This edition, like many modern digital editions, is based on XML (eXtensible Markup Language) documents. XML is a standard for the creation of documents in which the document text is interspersed with ‘tags’, brief labels that describe the nature and properties of the text fragments that they surround. The Text Encoding Initiative (TEI) has proposed guidelines for the names and types of the tags to be employed in humanities texts.49
Out of the 400+ existing tags, a so-called ‘schema’ can be created that contains exactly those tags that are applicable to a certain type of document (such as a letter that is prepared for a scholarly edition). New tags can be defined when the existing tagset is insufficient. The schema describes the required and permitted tags in a class of XML documents. It can be used to check the correctness of these documents. A dedicated schema was created for the Van Gogh edition. A number of non-standard tags were used, some of which were ‘borrowed’ from the DALF (Digital Archive of Letters in Flanders) project.50
One XML document was created for each of Van Gogh’s letters and each related document. It holds letter-level metadata (title, number, date, correspondents, etc.), the full transcription, the translation, the notes, the textual notes, and the information that connects transcribed pages with images of those pages (facsimile elements). The XML files were created in an automatic conversion from word-processor documents. The conversion result was checked and extensively corrected. The XML files were manually indexed to facilitate searching and cross-referencing.
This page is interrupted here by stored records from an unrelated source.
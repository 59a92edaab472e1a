-- ===== src/Config/State/Gossip.antt =====
-- Gossip: the peers and the mesh-wide list of repos under several merges.
use jj_mesh.Prelude.{
  AllEntries, get, Sorted, Ord, nat_ord, bool_ord, pair_ord, list_ord, option_ord, reverse_ord,
  length, ◌+◌, ◌≤◌, ◌≡◌, sym, ap, ◌∙◌, false, some,
}
use jj_mesh.Config.Membership.Register.{max_other_peers, max_mesh_repos}
use jj_mesh.Config.Membership.Peers.{peer_outranks, peer_register, Peer}
use jj_mesh.Config.Membership.Repos.{repo_register}
use jj_mesh.Config.Membership.Ranking.{peer-IsRanked, repo-IsRanked}
use jj_mesh.Config.Membership.Adoption.{adopt_all, adopt_all_again, adopt_all_keeps}
use jj_mesh.Config.Membership.Convergence.{adopt_all_comm, adopt_all_swap}
use jj_mesh.Config.Claims.{claims_register}
use jj_mesh.Config.State.Defs.{membership, MeshState, Membership}
use jj_mesh.Config.State.Merge.{merge_membership}
use jj_mesh.Config.State.Loops.{valid_repo, valid_peer, peers-merge, mesh_repos-merge}

module _ {E : Type 0} ⦃oe : Ord E⦄ where
  -- Merging the same membership a second time changes neither the peers nor the list of repos.
  pub merge_again :
      (s : MeshState E) (remote : Membership E) (local : E)
      → let t = (merge_membership s remote local).0 in
        ((merge_membership t remote local).0.peers ≡ t.peers)
        × ((merge_membership t remote local).0.mesh_repos ≡ t.mesh_repos)
  merge_again s remote local =
      let t = (merge_membership s remote local).0 in
      (
        peers-merge t remote local
            ∙ ap (λ m. adopt_all (valid_peer local) max_other_peers m remote.peers)
                (peers-merge s remote local)
            ∙ adopt_all_again (valid_peer local) max_other_peers peer-IsRanked s.peers remote.peers
            ∙ sym (peers-merge s remote local),
        mesh_repos-merge t remote local
            ∙ ap (λ m. adopt_all valid_repo max_mesh_repos m remote.repos)
                (mesh_repos-merge s remote local)
            ∙ adopt_all_again valid_repo max_mesh_repos repo-IsRanked s.mesh_repos remote.repos
            ∙ sym (mesh_repos-merge s remote local),
      )

  -- Two memberships may arrive in either order: the peers and the repos come out the same, when all
  -- maps are in key order and the caps leave room for all the records together.
  pub merge_order :
      (s : MeshState E) (a b : Membership E) (local : E)
      → Sorted s.peers
      → Sorted a.peers
      → Sorted b.peers
      → Sorted s.mesh_repos
      → Sorted a.repos
      → Sorted b.repos
      → length s.peers + length a.peers + length b.peers ≤ max_other_peers
      → length s.mesh_repos + length a.repos + length b.repos ≤ max_mesh_repos
      → let ab = (merge_membership (merge_membership s a local).0 b local).0 in
        let ba = (merge_membership (merge_membership s b local).0 a local).0 in
        (ab.peers ≡ ba.peers) × (ab.mesh_repos ≡ ba.mesh_repos)
  merge_order s a b local sp va bp sr ar br room_p room_r =
      let sa = (merge_membership s a local).0 in
      let sb = (merge_membership s b local).0 in
      (
        peers-merge sa b local
            ∙ ap (λ m. adopt_all (valid_peer local) max_other_peers m b.peers)
                (peers-merge s a local)
            ∙ adopt_all_swap (valid_peer local) max_other_peers peer-IsRanked s.peers a.peers
                b.peers sp va bp room_p
            ∙ sym (
                ap (λ m. adopt_all (valid_peer local) max_other_peers m a.peers)
                  (peers-merge s b local))
            ∙ sym (peers-merge sb a local),
        mesh_repos-merge sa b local
            ∙ ap (λ m. adopt_all valid_repo max_mesh_repos m b.repos) (mesh_repos-merge s a local)
            ∙ adopt_all_swap valid_repo max_mesh_repos repo-IsRanked s.mesh_repos a.repos b.repos sr
                ar br room_r
            ∙ sym (
                ap (λ m. adopt_all valid_repo max_mesh_repos m a.repos)
                  (mesh_repos-merge s b local))
            ∙ sym (mesh_repos-merge sb a local),
      )

  -- Two machines that merge each other's memberships agree on the mesh-wide list of repos, when both
  -- lists are in key order, hold valid records only, and fit the cap together.
  pub merge_agree :
      (s t : MeshState E) (here there : E)
      → Sorted s.mesh_repos
      → Sorted t.mesh_repos
      → AllEntries valid_repo s.mesh_repos
      → AllEntries valid_repo t.mesh_repos
      → length s.mesh_repos + length t.mesh_repos ≤ max_mesh_repos
      → (merge_membership s (membership t there) here).0.mesh_repos
        ≡ (merge_membership t (membership s here) there).0.mesh_repos
  unfolding membership
  merge_agree s t here there ss st vs vt room =
      mesh_repos-merge s (membership t there) here
      ∙ adopt_all_comm valid_repo max_mesh_repos repo-IsRanked s.mesh_repos t.mesh_repos ss st vs vt
          room
      ∙ sym (mesh_repos-merge t (membership s here) there)

  -- Whatever a peer sends, the record held for a machine is still held afterwards, or one that it does
  -- not outrank.
  merge_keeps_peer :
      (s : MeshState E) (remote : Membership E) (local endpoint : E) {p : Peer}
      → get endpoint s.peers ≡ some p
      → (q : Peer) × (get endpoint (merge_membership s remote local).0.peers ≡ some q)
        × (peer_outranks p q ≡ false)
  merge_keeps_peer s remote local endpoint h = rw peers-merge (
      adopt_all_keeps (valid_peer local) max_other_peers peer-IsRanked endpoint s.peers remote.peers
        h)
For those interested in technical matters, we provide some sample XML files. In the zip file we also include the so-called 'ODD' file which is used to customise the TEI schema and the schema files generated from the ODD-file.51 We use W3C schema rather than Relax NG because the contractors who performed the conversion to XML were more familiar with that format.
Other data sources for the edition include a number of databases. The editors created databases containing physical descriptions of the letters, data about the illustrations, and information about the people mentioned in the correspondence. Those databases were used for various purposes, such as to support searching and to provide the illustrations with captions.
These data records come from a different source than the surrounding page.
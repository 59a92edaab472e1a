-- ===== src/Config/State/Repos.antt =====
-- `unregister_repo` and the release of claims.
use mathlib.Core.Bool.{false≢true}
use jj_mesh.Prelude.{
  is_ok, Result-cases, BTreeMap, get, contains_key, remove, Sorted, get-remove, remove-Sorted, eqb,
  eqb_refl, Ord, nat_ord, bool_ord, pair_ord, list_ord, option_ord, reverse_ord, is_some,
  Bool-cases, Option-cases, ◌+◌, ◌<◌, ◌≡◌, sym, ap, ◌∙◌, ◌≢◌, inl, inr, true, none, [], arith,
}
use jj_mesh.Config.Name.{Text}
use jj_mesh.Config.RepoId.{RepoId, Repo}
use jj_mesh.Config.Membership.Register.{max_record_version}
use jj_mesh.Config.Membership.Peers.{peer_register}
use jj_mesh.Config.Membership.Repos.{repo_register, MeshRepo}
use jj_mesh.Config.Claims.{
  WorkspaceClaims, claims_register, names_of, is_valid, set_claims, set_claims_lem,
  set_claims_release, set_claims-Sorted,
}
use jj_mesh.Config.State.Defs.{MeshState}
use jj_mesh.Config.State.Ops.{released, unregister_repo}
use jj_mesh.Config.State.WellFormed.{IsRegistered}

-- The claims after a release are well-formed like the ones before.
pub released_ok :
    (c : WorkspaceClaims) (id : RepoId)
    → c.version < max_record_version
    → is_valid c ≡ true
    → ((released c id).version < max_record_version) × (is_valid (released c id) ≡ true)
released_ok c id h valid = elim (Result-cases (set_claims c id [])) [
  | inl (d, done) ↦
      let facts = set_claims_lem c id [] h done in
      rw (done, released)
        (facts.3, elim facts.0 [ inl same ↦ rw same valid | inr changed ↦ changed.0 ])
  | inr (e, failed) ↦ rw (failed, released) (h, valid)
]

pub released_empty :
    (c : WorkspaceClaims) (id : RepoId)
    → is_valid c ≡ true
    → c.version + 1 < max_record_version
    → names_of (get id (released c id).repos) ≡ []
released_empty c id valid h = elim (Result-cases (set_claims c id [])) [
  | inl (d, done) ↦ rw (done, released) (set_claims_lem c id [] (omega arith) done).1
  | inr (e, failed) ↦ absurd (false≢true (ap is_ok (sym failed) ∙ set_claims_release c id valid h))
]

released-Sorted :
    (c : WorkspaceClaims) (id : RepoId) → Sorted c.repos → Sorted (released c id).repos
released-Sorted c id s = elim (Result-cases (set_claims c id [])) [
  | inl (d, done) ↦ rw (done, released) (set_claims-Sorted c id [] s done)
  | inr (e, failed) ↦ rw (failed, released) s
]

IsRegistered-remove :
    (name : Text) (repos : BTreeMap Text Repo) (mesh mesh' : BTreeMap Text MeshRepo)
    → IsRegistered repos mesh
    → ((other : Text) → other ≢ name → get other mesh' ≡ get other mesh)
    → IsRegistered (remove name repos) mesh'
IsRegistered-remove name repos mesh mesh' reg same other here =
    let g = get-remove other name repos in
    elim (Bool-cases (eqb ⦃o = list_ord⦄ name other)) [
      | inl gone ↦ absurd (false≢true (ground arith))
      | inr there ↦
          let ne : other ≢ name = λ e. ground (arith, eqb_refl ⦃o = list_ord⦄ name) in
          rw (same other ne) (reg other (ground arith))
    ]

IsRegistered-absent :
    (name : Text) (repos : BTreeMap Text Repo) (mesh mesh' : BTreeMap Text MeshRepo)
    → IsRegistered repos mesh
    → ((other : Text) → other ≢ name → get other mesh' ≡ get other mesh)
    → get name repos ≡ none
    → IsRegistered repos mesh'
IsRegistered-absent name repos mesh mesh' reg same absent other here =
    let ne : other ≢ name =
      λ e. false≢true (ap is_some (sym absent) ∙ ap (λ k. contains_key k repos) (sym e) ∙ here) in
    rw (same other ne) (reg other here)

module _ {E : Type 0} ⦃oe : Ord E⦄ where
  -- The invariant on repos and claims, for a list of mesh repos
  pub record KeepsRepos (s : MeshState E) : Type 0 where
    pub repos_sorted : Sorted s.repos
    pub registered : IsRegistered s.repos s.mesh_repos
    pub claims_version : s.claims.version < max_record_version
    pub claims_valid : is_valid s.claims ≡ true
    pub claims_sorted : Sorted s.claims.repos

  -- Unregistering a name, after a change to the mesh record of that name only
  pub unregister-KeepsRepos :
      (s : MeshState E) (name : Text) (mesh : BTreeMap Text MeshRepo)
      → IsRegistered s.repos mesh
      → ((other : Text) → other ≢ name → get other s.mesh_repos ≡ get other mesh)
      → Sorted s.repos
      → s.claims.version < max_record_version
      → is_valid s.claims ≡ true
      → Sorted s.claims.repos
      → KeepsRepos (unregister_repo s name).0
  unfolding unregister_repo
  unregister-KeepsRepos s name mesh reg same sorted h valid cs =
      elim (Option-cases (get name s.repos)) [
        | inl absent ↦
            rw (absent, unregister_repo)
              (record {
                repos_sorted = sorted;
                registered = IsRegistered-absent name s.repos mesh s.mesh_repos reg same absent;
                claims_version = h;
                claims_valid = valid;
                claims_sorted = cs;
              })
        | inr (r, held) ↦
            let claims' = released_ok s.claims r.id h valid in
            rw (held, unregister_repo)
              (record {
                repos_sorted = remove-Sorted name s.repos sorted;
                registered = IsRegistered-remove name s.repos mesh s.mesh_repos reg same;
                claims_version = claims'.0;
                claims_valid = claims'.1;
                claims_sorted = released-Sorted s.claims r.id cs;
              })
      ]
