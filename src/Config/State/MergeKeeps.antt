-- ===== src/Config/State/MergeKeeps.antt =====
-- The parts of the well-formedness that each loop of `merge_membership` touches.
use jj_mesh.Prelude.{
  is_ok, AllEntries, insert-AllEntries, total-insert, measured-le-total, insert, Sorted, get-insert,
  insert-Sorted, eqb, Ord, nat_ord, bool_ord, pair_ord, list_ord, option_ord, reverse_ord, ltb, leb,
  is_some, Bool-cases, ℕ, ◌≤◌, ◌<◌, ◌≡◌, refl, ◌∙◌, inl, inr, true, not, ◌||◌, List, [], ◌∷◌, foldl,
  arith,
}
use jj_mesh.Config.Error.{Kind}
use jj_mesh.Config.Name.{Text, validate_name}
use jj_mesh.Config.Membership.Register.{max_mesh_repos, max_record_version, should_adopt}
use jj_mesh.Config.Membership.Peers.{peer_register, Peer}
use jj_mesh.Config.Membership.Repos.{repo_id, repo_register, MeshRepo}
use jj_mesh.Config.Machine.{text_eq_sound, observe_version}
use jj_mesh.Config.Claims.{
  WorkspaceClaims, count, max_other_workspaces, claims_register, is_valid, observe_claims,
}
use jj_mesh.Config.State.Defs.{MeshState}
use jj_mesh.Config.State.Merge.{
  total_claims, merge_peer, apply_removal, merge_repo, refuses, adopted_count, merge_claim,
}
use jj_mesh.Config.State.WellFormed.{claim_ok}
use jj_mesh.Config.State.Repos.{unregister-KeepsRepos, KeepsRepos}

observed_ok :
    (c copy : WorkspaceClaims)
    → c.version < max_record_version
    → ((observe_claims c copy).version < max_record_version)
      × ((observe_claims c copy).repos ≡ c.repos)
      × (is_valid (observe_claims c copy) ≡ is_valid c)
      × (c.version ≤ (observe_claims c copy).version)
unfolding observe_claims is_valid
observed_ok c copy h = (omega arith, refl, refl, omega arith)

module _ {E : Type 0} ⦃oe : Ord E⦄ where
  -- The machine's own record: its name stays, and its version stays below the ceiling.
  abbrev pub KeepsMachine : MeshState E → MeshState E → Type 0
  KeepsMachine s t = (t.machine.name ≡ s.machine.name) × (t.machine.version < max_record_version)

  KeepsMachine-merge_peer :
      (local : E) (s : MeshState E) (e : E × Peer)
      → s.machine.version < max_record_version
      → KeepsMachine s (merge_peer local s e)
  unfolding merge_peer
  KeepsMachine-merge_peer local s (endpoint, r) h = ground (arith, observe_version s.machine r h)

  pub KeepsMachine-merge_peers :
      (local : E) (s : MeshState E) (es : List (E × Peer))
      → s.machine.version < max_record_version
      → KeepsMachine s (foldl (merge_peer local) s es)
  KeepsMachine-merge_peers local s [] h = (refl, h)
  KeepsMachine-merge_peers local s (e ∷ es) h =
      let one = KeepsMachine-merge_peer local s e h in
      let rest = KeepsMachine-merge_peers local (merge_peer local s e) es one.1 in
      (rest.0 ∙ one.0, rest.1)

  adopted_repo :
      (s : MeshState E) (gone : List Text) (name : Text) (r : MeshRepo)
      → KeepsRepos s
      → KeepsRepos
          (apply_removal (record s { mesh_repos = insert name r s.mesh_repos }) gone name r).0
  adopted_repo s gone name r k = elim (Bool-cases (is_some (repo_id r))) [
    | inl live ↦
        rw (live, apply_removal)
          (record {
            repos_sorted = k.repos_sorted;
            registered = λ other here.
                ground (arith, get-insert other name r s.mesh_repos, k.registered other);
            claims_version = k.claims_version;
            claims_valid = k.claims_valid;
            claims_sorted = k.claims_sorted;
          })
    | inr dead ↦
        rw (dead, apply_removal)
          (unregister-KeepsRepos (record s { mesh_repos = insert name r s.mesh_repos }) name
            s.mesh_repos k.registered
            (λ other ne.
              ground (arith, get-insert other name r s.mesh_repos, text_eq_sound name other))
            k.repos_sorted k.claims_version k.claims_valid k.claims_sorted)
  ]

  KeepsRepos-merge_repo :
      (p : MeshState E × List Text) (e : Text × MeshRepo)
      → KeepsRepos p.0
      → KeepsRepos (merge_repo p e).0
  unfolding merge_repo
  KeepsRepos-merge_repo (s, gone) (name, r) k =
      elim (Bool-cases
        (not (is_ok (validate_name Kind.repo name)) || leb max_record_version r.version)) [
          | inl skipped ↦ rw (skipped, merge_repo) k
          | inr fine ↦ elim (Bool-cases (should_adopt s.mesh_repos name r max_mesh_repos)) [
            | inl adopted ↦ rw (fine, adopted, merge_repo) (adopted_repo s gone name r k)
            | inr refused ↦ rw (fine, refused, merge_repo) k
          ]
        ]

  pub KeepsRepos-merge_repos :
      (p : MeshState E × List Text) (es : List (Text × MeshRepo))
      → KeepsRepos p.0
      → KeepsRepos (foldl merge_repo p es).0
  KeepsRepos-merge_repos p [] k = k
  KeepsRepos-merge_repos p (e ∷ es) k =
      KeepsRepos-merge_repos (merge_repo p e) es (KeepsRepos-merge_repo p e k)

  -- The invariant of the loop over the claims; `others` is exact.
  pub record KeepsClaims (s : MeshState E) (others : ℕ) : Type 0 where
    pub own_version : s.claims.version < max_record_version
    pub own_valid : is_valid s.claims ≡ true
    pub own_sorted : Sorted s.claims.repos
    pub sorted : Sorted s.peer_claims
    pub all_ok : AllEntries (λ k c. claim_ok c) s.peer_claims
    pub counted : total_claims s.peer_claims ≡ others
    pub capped : others ≤ max_other_workspaces

  KeepsClaims-merge_claim :
      (local : E) (p : MeshState E × ℕ) (e : E × WorkspaceClaims)
      → KeepsClaims p.0 p.1
      → KeepsClaims (merge_claim local p e).0 (merge_claim local p e).1
  unfolding merge_claim
  KeepsClaims-merge_claim local (s, others) (endpoint, r) k =
      elim (Bool-cases (leb max_record_version r.version)) [
        | inl high ↦ rw (high, merge_claim) k
        | inr low ↦ elim (Bool-cases (eqb endpoint local)) [
          | inl ours ↦
              let seen = observed_ok s.claims r k.own_version in
              rw (low, ours, merge_claim)
                (record {
                  own_version = seen.0;
                  own_valid = seen.2 ∙ k.own_valid;
                  own_sorted = rw seen.1 k.own_sorted;
                  sorted = k.sorted;
                  all_ok = k.all_ok;
                  counted = k.counted;
                  capped = k.capped;
                })
          | inr theirs ↦ elim (Bool-cases (refuses s endpoint r)) [
            | inl refused ↦ rw (low, theirs, refused, merge_claim) k
            | inr wanted ↦
                elim (Bool-cases (ltb max_other_workspaces (adopted_count s others endpoint r))) [
                  | inl full ↦ rw (low, theirs, wanted, full, merge_claim) k
                  | inr fits ↦
                      let held = measured-le-total count endpoint s.peer_claims in
                      let sum = total-insert count endpoint r s.peer_claims k.sorted in
                      let exact = k.counted in
                      rw (low, theirs, wanted, fits, merge_claim)
                        (record {
                          own_version = k.own_version;
                          own_valid = k.own_valid;
                          own_sorted = k.own_sorted;
                          sorted = insert-Sorted endpoint r s.peer_claims k.sorted;
                          all_ok =
                              insert-AllEntries (λ k c. claim_ok c) endpoint r s.peer_claims
                                (ground arith) k.all_ok;
                          counted = omega arith;
                          capped = ground arith;
                        })
                ]
          ]
        ]
      ]

  pub KeepsClaims-merge_claims :
      (local : E) (p : MeshState E × ℕ) (es : List (E × WorkspaceClaims))
      → KeepsClaims p.0 p.1
      → KeepsClaims (foldl (merge_claim local) p es).0 (foldl (merge_claim local) p es).1
  KeepsClaims-merge_claims local p [] k = k
  KeepsClaims-merge_claims local p (e ∷ es) k =
      KeepsClaims-merge_claims local (merge_claim local p e) es
        (KeepsClaims-merge_claim local p e k)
The facsimile images of the letters were created by the Metamorfoze programme, the Netherlands’ national programme for the preservation of paper heritage.
The site that houses the edition was built using the Ruby programming language. Two major Ruby programs were developed: (1) a program that generates static HTML pages and an index from the XML files describing the letters and the databases, and (2) a web server that searches the index based on requests from the search forms in the static site. The second program also facilitates autocompletion of some of the search fields in the advanced search screen. The search index was built using the Lucene search engine. For zooming, software was developed based on the GSV image viewer.
We used the ImageMagick suite of tools for cutting up the facsimile images into tiles of various magnifications (for zooming) and for scaling the images.
6.3. Referring to the edition
Please refer to this edition as follows: Leo Jansen, Hans Luijten, Nienke Bakker (eds.) (2009), Vincent van Gogh - The Letters. Version: December 2010. Amsterdam & The Hague: Van Gogh Museum & Huygens ING. http://vangoghletters.org. Consult the homepage for the current version.
To hyperlink to individual letters and related documents, use links of the following form: http://vangoghletters.org/orig/let001 (to refer to the original-language version) or http://vangoghletters.org/en/let001 (to refer to the translation). Replace 'let001' by e.g. 'RM01' to create a link to the first related manuscript.